DuChene honored as OPD’s Officer of the Year
Sgt. Tracy DuChene and his wife Shannon listen as Owatonna Police Chief Jeff Mundale highlights DuChene’s career during a recognition banquet honoring him as the Police Officer of the Year. The award is given each year by the Moonlighter’s Exchange Club of Owatonna. Staff photo by Kay Fate
As speaker after speaker added to the list of accomplishments for Sgt. Tracy DuChene, it was easy to see why the Medford native was chosen as Owatonna’s Police Officer of the Year by the Moonlighter’s Exchange Club.
“Tracy DuChene is a selfless officer,” said Jeff Elstad, superintendent of the Owatonna School District, who gave the keynote address. “When Community Pathways needs a hand, Tracy’s there to say, ‘Hey, I’ll take over. We’ll do this thing, and we’re going to move food. We’re going to get people what they need.’
“I have 5,000 students in the Owatonna public schools that I wish could hear that story every day, because some of those students take part in that program,” he said, referring to the organization that provides food, clothing, and other services to people in need within Steele County.
“But mostly, they need to understand what it means to give back to the community, like Officer DuChene does,” Elstad said.
“So the school superintendent is going to come tell you about the great system we have as an educator, but the products we have are sitting right in front of you,” he said, after noting that he recognized some of the Owatonna Police officers from their visits to his office when he was assistant principal at OHS.
“The people that serve our community selflessly on the police force are truly the products of not only the education system but are the products of great parents in this community,” Elstad said. “Successful communities truly lean into the word ‘service.’ It’s not just about police force service, or school district service – it’s about everybody in the community recognizing that somehow, some way, they need to give back.”
DuChene gives back often during the hunting and trapping season, his boss joked.
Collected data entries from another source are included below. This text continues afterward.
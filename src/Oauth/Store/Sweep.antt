-- ===== src/Oauth/Store/Sweep.antt =====
-- internal/oauth/store.go: `Sweep`, which removes what has expired.
use pgedge_postgres_mcp.Prelude.{
  ℕ, ◌+◌, String, Bool, false, not, ◌&&◌, Option, none, some, List, [], ◌∷◌, ◌++◌, ltb,
  if◌then◌else◌,
}
use pgedge_postgres_mcp.GoMap.{GoMap, get, delete, delete_where}
use pgedge_postgres_mcp.Oauth.Types.{
  Client, AuthCode, DeviceCode, Token, UsedCode, RotatedRefresh, Store, client_idle_grace,
  notify_revoked,
}
use pgedge_postgres_mcp.Oauth.Store.Clients.{clients_with_live_tokens_locked, is_live}
use pgedge_postgres_mcp.Oauth.Store.Tokens.{delete_token_locked}

abbrev pub code_expired : ℕ → String → AuthCode → Bool
code_expired now h c = ltb c.expires_at now

-- The loop over the devices, which also deletes each expired device's user code
unfoldable pub sweep_user_codes : ℕ → GoMap DeviceCode → GoMap String → GoMap String
sweep_user_codes now [] index = index
sweep_user_codes now ((h, d) ∷ m) index =
    sweep_user_codes now m (if ltb d.expires_at now then delete d.user_code index else index)

abbrev pub device_expired : ℕ → String → DeviceCode → Bool
device_expired now h d = ltb d.expires_at now

abbrev pub expired_token : ℕ → Option Token → Bool
expired_token now none = false
expired_token now (some t) = ltb t.expires_at now

-- The loop over the tokens. It visits the entries of the map at its start; an entry that a cascade
-- has removed in the meantime is no longer produced.
unfoldable pub sweep_tokens : ℕ → GoMap Token → Store → Store × List String
sweep_tokens now [] s = (s, [])
sweep_tokens now ((h, t) ∷ m) s =
    let (s', revoked) =
      if expired_token now (get h s.tokens) then delete_token_locked h s else (s, []) in
    let (s'', more) = sweep_tokens now m s' in (s'', revoked ++ more)

abbrev pub used_expired : ℕ → String → UsedCode → Bool
used_expired now h u = ltb u.until now

abbrev pub rotated_expired : ℕ → String → RotatedRefresh → Bool
rotated_expired now h r = ltb r.until now

-- `c.LastUsed.Before(cutoff) && !live[id]`
abbrev pub client_idle : ℕ → ℕ → GoMap Bool → String → Client → Bool
client_idle now retention live id c =
    ltb (c.last_used + (retention + client_idle_grace)) now && not (is_live live id)

-- `Sweep`
unfoldable pub sweep : ℕ → Store → Store × List String
unfolding sweep_tokens sweep_user_codes
sweep now s =
    let s₁ = record s {
      codes = delete_where (code_expired now) s.codes;
      user_codes = sweep_user_codes now s.devices s.user_codes;
      devices = delete_where (device_expired now) s.devices;
    } in
    let (s₂, revoked) = sweep_tokens now s.tokens s₁ in
    let live = clients_with_live_tokens_locked now s₂ in
    let s₃ = record s₂ {
      used_codes = delete_where (used_expired now) s₂.used_codes;
      rotated = delete_where (rotated_expired now) s₂.rotated;
      clients = delete_where (client_idle now s₂.client_retention live) s₂.clients;
    } in
    (notify_revoked revoked s₃, revoked)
“He brings crock pots filled with tasty treats and unknown meats,” said Chief Jeff Mundale. “Before the first bite, somebody will always have to ask, what is it?”
But mostly, he said, DuChene is “a steady and reliable supervisor and peace officer.”
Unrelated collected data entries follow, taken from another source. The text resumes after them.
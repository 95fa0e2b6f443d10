-- ===== src/Oauth/Store/Ops.antt =====
-- internal/oauth/store.go: the methods that change the store, as the steps that callers interleave.
-- Each of them holds the store's lock throughout, so a run of several goroutines is a sequence of
-- steps.
use pgedge_postgres_mcp.Prelude.{
  ℕ, String, ◌≡◌, refl, sym, Bool, true, false, false≢true, List, [], ◌∷◌, arith,
}
use pgedge_postgres_mcp.Oauth.Types.{Client, AuthCode, DeviceCode, Token, Store}
use pgedge_postgres_mcp.Oauth.Store.Clients
use pgedge_postgres_mcp.Oauth.Store.Codes
use pgedge_postgres_mcp.Oauth.Store.Devices
use pgedge_postgres_mcp.Oauth.Store.Tokens
use pgedge_postgres_mcp.Oauth.Store.Sweep

pub data Op : Type 0 where
  put_client : Client → Op
  touch_client : String → ℕ → Op
  mark_refresh_rotated : String → String → ℕ → Op
  put_code : AuthCode → Op
  take_code : String → Op
  mark_code_used : String → String → String → ℕ → Op
  take_used_code : String → Op
  put_device_code : DeviceCode → Op
  update_device : DeviceCode → Op
  approve_device : String → String → Op
  deny_device : String → Op
  delete_device : String → Op
  touch_device_poll : String → ℕ → Op
  take_device_if_approved : String → Op
  put_token : Token → Op
  delete_token : String → Op
  take_token : String → Op
  delete_family : String → Op
  delete_by_subject : String → Op
  sweep : ℕ → Op

unfoldable pub apply : Op → Store → Store
apply (put_client c) s = (Clients.put_client c s).0
apply (touch_client id now) s = Clients.touch_client id now s
apply (mark_refresh_rotated hash family until) s = Clients.mark_refresh_rotated hash family until s
apply (put_code c) s = (Codes.put_code c s).0
apply (take_code hash) s = (Codes.take_code hash s).0
apply (mark_code_used code refresh family until) s =
    Codes.mark_code_used code refresh family until s
apply (take_used_code hash) s = (Codes.take_used_code hash s).0
apply (put_device_code d) s = (Devices.put_device_code d s).0
apply (update_device d) s = Devices.update_device d s
apply (approve_device hash subject) s = (Devices.approve_device hash subject s).0
apply (deny_device hash) s = (Devices.deny_device hash s).0
apply (delete_device hash) s = Devices.delete_device hash s
apply (touch_device_poll hash now) s = (Devices.touch_device_poll hash now s).0
apply (take_device_if_approved hash) s = (Devices.take_device_if_approved hash s).0
apply (put_token t) s = (Tokens.put_token t s).0
apply (delete_token hash) s = (Tokens.delete_token hash s).0
apply (take_token hash) s = (Tokens.take_token hash s).0
apply (delete_family family) s = (Tokens.delete_family family s).0
apply (delete_by_subject subject) s = (Tokens.delete_by_subject subject s).0
apply (sweep now) s = (Sweep.sweep now s).0

unfoldable pub run : List Op → Store → Store
run [] s = s
run (op ∷ ops) s = run ops (apply op s)

-- An invariant of every step is one of every sequence of steps.
pub run_induction {ℓ} :
    (P : Store → Type ℓ)
    → ((op : Op) (s : Store) → P s → P (apply op s))
    → (ops : List Op) (s : Store) → P s
    → P (run ops s)
unfolding run
run_induction P step [] s h = h
run_induction P step (op ∷ ops) s h = run_induction P step ops (apply op s) (step op s h)

-- Which operations may change the tokens.
abbrev pub touches_tokens : Op → Bool
touches_tokens (put_token t) = true
touches_tokens (delete_token hash) = true
touches_tokens (take_token hash) = true
touches_tokens (delete_family family) = true
touches_tokens (delete_by_subject subject) = true
touches_tokens (sweep now) = true
touches_tokens _ = false

pub tokens-untouched :
    (op : Op) (s : Store) → touches_tokens op ≡ false → (apply op s).tokens ≡ s.tokens
unfolding apply
tokens-untouched (put_client c) s e = unfold Clients.put_client in ground arith
tokens-untouched (touch_client id now) s e = unfold Clients.touch_client in ground arith
tokens-untouched (mark_refresh_rotated h f u) s e = unfold Clients.mark_refresh_rotated in refl
tokens-untouched (put_code c) s e = unfold Codes.put_code in ground arith
tokens-untouched (take_code h) s e = unfold Codes.take_code in ground arith
tokens-untouched (mark_code_used h r f u) s e = unfold Codes.mark_code_used in ground arith
tokens-untouched (take_used_code h) s e = unfold Codes.take_used_code in ground arith
tokens-untouched (put_device_code d) s e = unfold Devices.put_device_code in ground arith
tokens-untouched (update_device d) s e = unfold Devices.update_device in ground arith
tokens-untouched (approve_device h u) s e = unfold Devices.approve_device in ground arith
tokens-untouched (deny_device h) s e = unfold Devices.deny_device in ground arith
tokens-untouched (delete_device h) s e = unfold Devices.delete_device in refl
tokens-untouched (touch_device_poll h now) s e = unfold Devices.touch_device_poll in ground arith
tokens-untouched (take_device_if_approved h) s e =
    unfold Devices.take_device_if_approved in ground arith
tokens-untouched _ s e = absurd (false≢true (sym e))
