-- ===== src/GoMap/Keyed.antt =====
-- Maps of entries that carry their own key: each key stands once, and each entry under its own.
use pgedge_postgres_mcp.Prelude.{String, ◌≡◌, refl, Bool, false, some, [], ◌∷◌, arith, eq_iff}
use pgedge_postgres_mcp.GoMap.{GoMap, has, Distinct, get, delete, delete_where, put}
use pgedge_postgres_mcp.GoMap.Laws.{has-delete, has-put, has-delete_where}

module _ {ℓ} {V : Type ℓ} (key : V → String) where
  abbrev pub Keyed : GoMap V → Type 0
  Keyed [] = Unit {0}
  Keyed ((j, v) ∷ m) = (has j m ≡ false) × (key v ≡ j) × Keyed m

  pub Keyed-Distinct : (m : GoMap V) → Keyed m → Distinct m
  Keyed-Distinct [] d = tt
  Keyed-Distinct ((i, w) ∷ m) d = (d.0, Keyed-Distinct m d.2)

  pub Keyed-get : (k : String) (m : GoMap V) (v : V) → Keyed m → get k m ≡ some v → key v ≡ k
  unfolding get
  Keyed-get k [] v d e = cc
  Keyed-get k ((i, w) ∷ m) v d e = ground (arith, eq_iff i k, Keyed-get k m v d.2)

  pub put-Keyed : (k : String) (v : V) (m : GoMap V) → key v ≡ k → Keyed m → Keyed (put k v m)
  unfolding put has
  put-Keyed k v [] e d = (refl, e, tt)
  put-Keyed k v ((i, w) ∷ m) e d =
      ground (arith, eq_iff i k, eq_iff k i, has-put k i v m, put-Keyed k v m e d.2)

  pub delete-Keyed : (k : String) (m : GoMap V) → Keyed m → Keyed (delete k m)
  unfolding delete
  delete-Keyed k [] d = d
  delete-Keyed k ((i, w) ∷ m) d = ground (arith, has-delete k i m, delete-Keyed k m d.2)

  pub delete_where-Keyed :
      (p : String → V → Bool) (m : GoMap V) → Keyed m → Keyed (delete_where p m)
  unfolding delete_where
  delete_where-Keyed p [] d = d
  delete_where-Keyed p ((i, w) ∷ m) d =
      ground (arith, has-delete_where p i m, delete_where-Keyed p m d.2)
His job as field training officer supervisor “can be a very demanding job and a big commitment, both on and off duty.”
“This administration has the utmost trust and confidence in Sgt. DuChene to develop and recommend officers for patrol,” Mundale continued. “He is a selfless leader and puts the interests of others first.”
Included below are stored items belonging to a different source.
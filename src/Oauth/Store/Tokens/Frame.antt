-- ===== src/Oauth/Store/Tokens/Frame.antt =====
-- What the deletions of tokens and devices leave alone.
use pgedge_postgres_mcp.Prelude.{ℕ, String, ◌≡◌, refl, inl, inr, List, [], ◌∷◌, arith, Bool-cases}
use pgedge_postgres_mcp.Oauth.Types.{Store}
use pgedge_postgres_mcp.Oauth.Store.Tokens.{
  delete_token_locked, delete_devices, delete_device_locked, GoMap, Token, get,
}
use pgedge_postgres_mcp.Oauth.Store.Sweep.{sweep_tokens, expired_token}

-- Deleting a token touches the tokens only.
pub delete_token_locked-frame :
    (h : String) (s : Store)
    → (delete_token_locked h s).0 ≡ record s { tokens = (delete_token_locked h s).0.tokens }
unfolding delete_token_locked
delete_token_locked-frame h s = ground arith

pub sweep_tokens-frame :
    (now : ℕ) (m : GoMap Token) (s : Store)
    → (sweep_tokens now m s).0 ≡ record s { tokens = (sweep_tokens now m s).0.tokens }
unfolding sweep_tokens
sweep_tokens-frame now [] s = refl
sweep_tokens-frame now ((h, t) ∷ m) s = elim (Bool-cases (expired_token now (get h s.tokens))) [
  | inl old ↦ rw old (
      ground (
        arith,
        delete_token_locked-frame h s,
        sweep_tokens-frame now m (delete_token_locked h s).0,
      ))
  | inr kept ↦ rw kept (sweep_tokens-frame now m s)
]

-- Deleting devices touches the devices and their index only.
pub delete_devices-frame :
    (hs : List String) (s : Store)
    → delete_devices hs s ≡ record s {
      devices = (delete_devices hs s).devices;
      user_codes = (delete_devices hs s).user_codes;
    }
unfolding delete_devices
delete_devices-frame [] s = refl
delete_devices-frame (h ∷ hs) s = ground (arith, delete_devices-frame hs (delete_device_locked h s))
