-- ===== src/Oauth/Store/Keys.antt =====
-- The keys under which the maps of the store hold their entries.
pub mod Clients
pub mod Devices
pub mod Removals
pub mod Steps
use pgedge_postgres_mcp.Prelude.{
  ℕ, String, sym, inl, inr, List, [], ◌∷◌, arith, str_eq, ltb, Bool-cases, Option-cases, subst,
  codes,
}
use pgedge_postgres_mcp.Oauth.Types.{Client, AuthCode, DeviceCode, Token, Store, notify_revoked}
use pgedge_postgres_mcp.GoMap.Keyed.{Keyed, delete-Keyed, put-Keyed, Keyed-get}
use pgedge_postgres_mcp.GoMap.{GoMap, Distinct, get, delete}
use pgedge_postgres_mcp.Oauth.Store.Sweep.{sweep_tokens, sweep_user_codes, expired_token}
use pgedge_postgres_mcp.Oauth.Store.Tokens.{
  delete_token_locked, cascade, delete_devices, unlinked, remove_first,
}
use pgedge_postgres_mcp.Oauth.Store.Devices.{delete_device_locked}
use pgedge_postgres_mcp.Oauth.Store.Tokens.Frame.{delete_token_locked-frame}
use pgedge_postgres_mcp.GoMap.Distinct.{delete-Distinct}

abbrev pub token_key : Token → String
token_key t = t.hash

abbrev pub client_key : Client → String
client_key c = c.id

abbrev pub code_key : AuthCode → String
code_key c = c.hash

abbrev pub device_key : DeviceCode → String
device_key d = d.device_hash

pub record IsKeyed (s : Store) : Type 0 where
  pub clients : Keyed client_key s.clients
  pub codes : Keyed code_key s.codes
  pub devices : Keyed device_key s.devices
  pub tokens : Keyed token_key s.tokens
  pub user_codes : Distinct s.user_codes
  pub used_codes : Distinct s.used_codes
  pub rotated : Distinct s.rotated

pub notify-IsKeyed : (hs : List String) (s : Store) → IsKeyed s → IsKeyed (notify_revoked hs s)
notify-IsKeyed hs s v = ground arith

with_tokens :
    (m : GoMap Token) (s : Store)
    → IsKeyed s
    → Keyed token_key m
    → IsKeyed (record s { tokens = m })
with_tokens m s v k = record {
  clients = v.clients;
  codes = v.codes;
  devices = v.devices;
  tokens = k;
  user_codes = v.user_codes;
  used_codes = v.used_codes;
  rotated = v.rotated;
}

pub cascade-Keyed :
    (hs : List String) (m : GoMap Token) → Keyed token_key m → Keyed token_key (cascade hs m).0
unfolding cascade
cascade-Keyed [] m k = k
cascade-Keyed (h ∷ hs) m k = cascade-Keyed hs (delete h m) (delete-Keyed token_key h m k)

unlinked-Keyed :
    (h p : String) (m : GoMap Token)
    → Keyed token_key m
    → Keyed token_key (unlinked h p m (get p m))
unlinked-Keyed h p m k = elim (Option-cases (get p m)) [
  | inl gone ↦ rw gone k
  | inr (t, found) ↦ rw found (
      put-Keyed token_key p (record t { issued = remove_first h t.issued }) m
        (Keyed-get token_key p m t k found) k)
]

pub delete_token_locked-Keyed :
    (h : String) (s : Store)
    → Keyed token_key s.tokens
    → Keyed token_key (delete_token_locked h s).0.tokens
unfolding delete_token_locked
delete_token_locked-Keyed h s k =
    let k' = delete-Keyed token_key h s.tokens k in
    elim (Option-cases (get h s.tokens)) [
      | inl gone ↦ rw gone k
      | inr (t, found) ↦ rw found (elim (Bool-cases t.is_refresh) [
        | inl refresh ↦ rw refresh (cascade-Keyed t.issued (delete h s.tokens) k')
        | inr access ↦ rw access (elim (Bool-cases (str_eq t.refresh_hash "")) [
          | inl alone ↦ rw alone k'
          | inr child ↦ rw child (unlinked-Keyed h t.refresh_hash (delete h s.tokens) k')
        ])
      ])
    ]

pub delete_token_locked-IsKeyed :
    (h : String) (s : Store) → IsKeyed s → IsKeyed (delete_token_locked h s).0
delete_token_locked-IsKeyed h s v =
    subst IsKeyed (sym (delete_token_locked-frame h s))
      (with_tokens _ s v (delete_token_locked-Keyed h s v.tokens))

pub sweep_tokens-IsKeyed :
    (now : ℕ) (m : GoMap Token) (s : Store) → IsKeyed s → IsKeyed (sweep_tokens now m s).0
unfolding sweep_tokens
sweep_tokens-IsKeyed now [] s v = v
sweep_tokens-IsKeyed now ((h, t) ∷ m) s v = elim (Bool-cases (expired_token now (get h s.tokens))) [
  | inl old ↦ rw old (sweep_tokens-IsKeyed now m _ (delete_token_locked-IsKeyed h s v))
  | inr kept ↦ rw kept (sweep_tokens-IsKeyed now m s v)
]

pub delete_device_locked-IsKeyed :
    (h : String) (s : Store) → IsKeyed s → IsKeyed (delete_device_locked h s)
unfolding delete_device_locked
delete_device_locked-IsKeyed h s v = elim (Option-cases (get h s.devices)) [
  | inl gone ↦ rw gone (record {
    clients = v.clients;
    codes = v.codes;
    devices = delete-Keyed device_key h s.devices v.devices;
    tokens = v.tokens;
    user_codes = v.user_codes;
    used_codes = v.used_codes;
    rotated = v.rotated;
  })
  | inr (d, found) ↦ rw found (record {
    clients = v.clients;
    codes = v.codes;
    devices = delete-Keyed device_key h s.devices v.devices;
    tokens = v.tokens;
    user_codes = delete-Distinct d.user_code s.user_codes v.user_codes;
    used_codes = v.used_codes;
    rotated = v.rotated;
  })
]

pub delete_devices-IsKeyed :
    (hs : List String) (s : Store) → IsKeyed s → IsKeyed (delete_devices hs s)
unfolding delete_devices
delete_devices-IsKeyed [] s v = v
delete_devices-IsKeyed (h ∷ hs) s v =
    delete_devices-IsKeyed hs (delete_device_locked h s) (delete_device_locked-IsKeyed h s v)

pub sweep_user_codes-Distinct :
    (now : ℕ) (m : GoMap DeviceCode) (index : GoMap String)
    → Distinct index
    → Distinct (sweep_user_codes now m index)
unfolding sweep_user_codes
sweep_user_codes-Distinct now [] index d = d
sweep_user_codes-Distinct now ((h, x) ∷ m) index d = elim (Bool-cases (ltb x.expires_at now)) [
  | inl old ↦ rw old (sweep_user_codes-Distinct now m _ (delete-Distinct x.user_code index d))
  | inr kept ↦ rw kept (sweep_user_codes-Distinct now m index d)
]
The chief appeared to become a bit emotional as he thanked DuChene for building “high morale and a team spirit at the Owatonna Police Department. When I think of grace, I picture Sgt. DuChene, and I’m thankful for him and how he’s touched and supported each of us in so many ways. We’re proud of you, Tracy.”
The guest of honor had the least to say, after asking his coworkers from OPD to stand.
“I don’t want to sound like a broken record,” DuChene said, “but this is the finest. These are the top officers you guys could ever imagine, and I’m proud to be part of it.”
He recounted asking then-Police Chief Gene Fisher for a part-time job in 2000; he was hired full time in 2005 and promoted to patrol sergeant in 2011. DuChene has received many service awards and commendations, including a life-saving award in 2005 and four Class D awards for “outstanding performance under difficult circumstances.”
“It’s stuff like this that makes the job worthwhile,” DuChene said of the honor. “We don’t get thanked very often. We get called upon in people’s worst times in their life, usually, so this is outstanding.”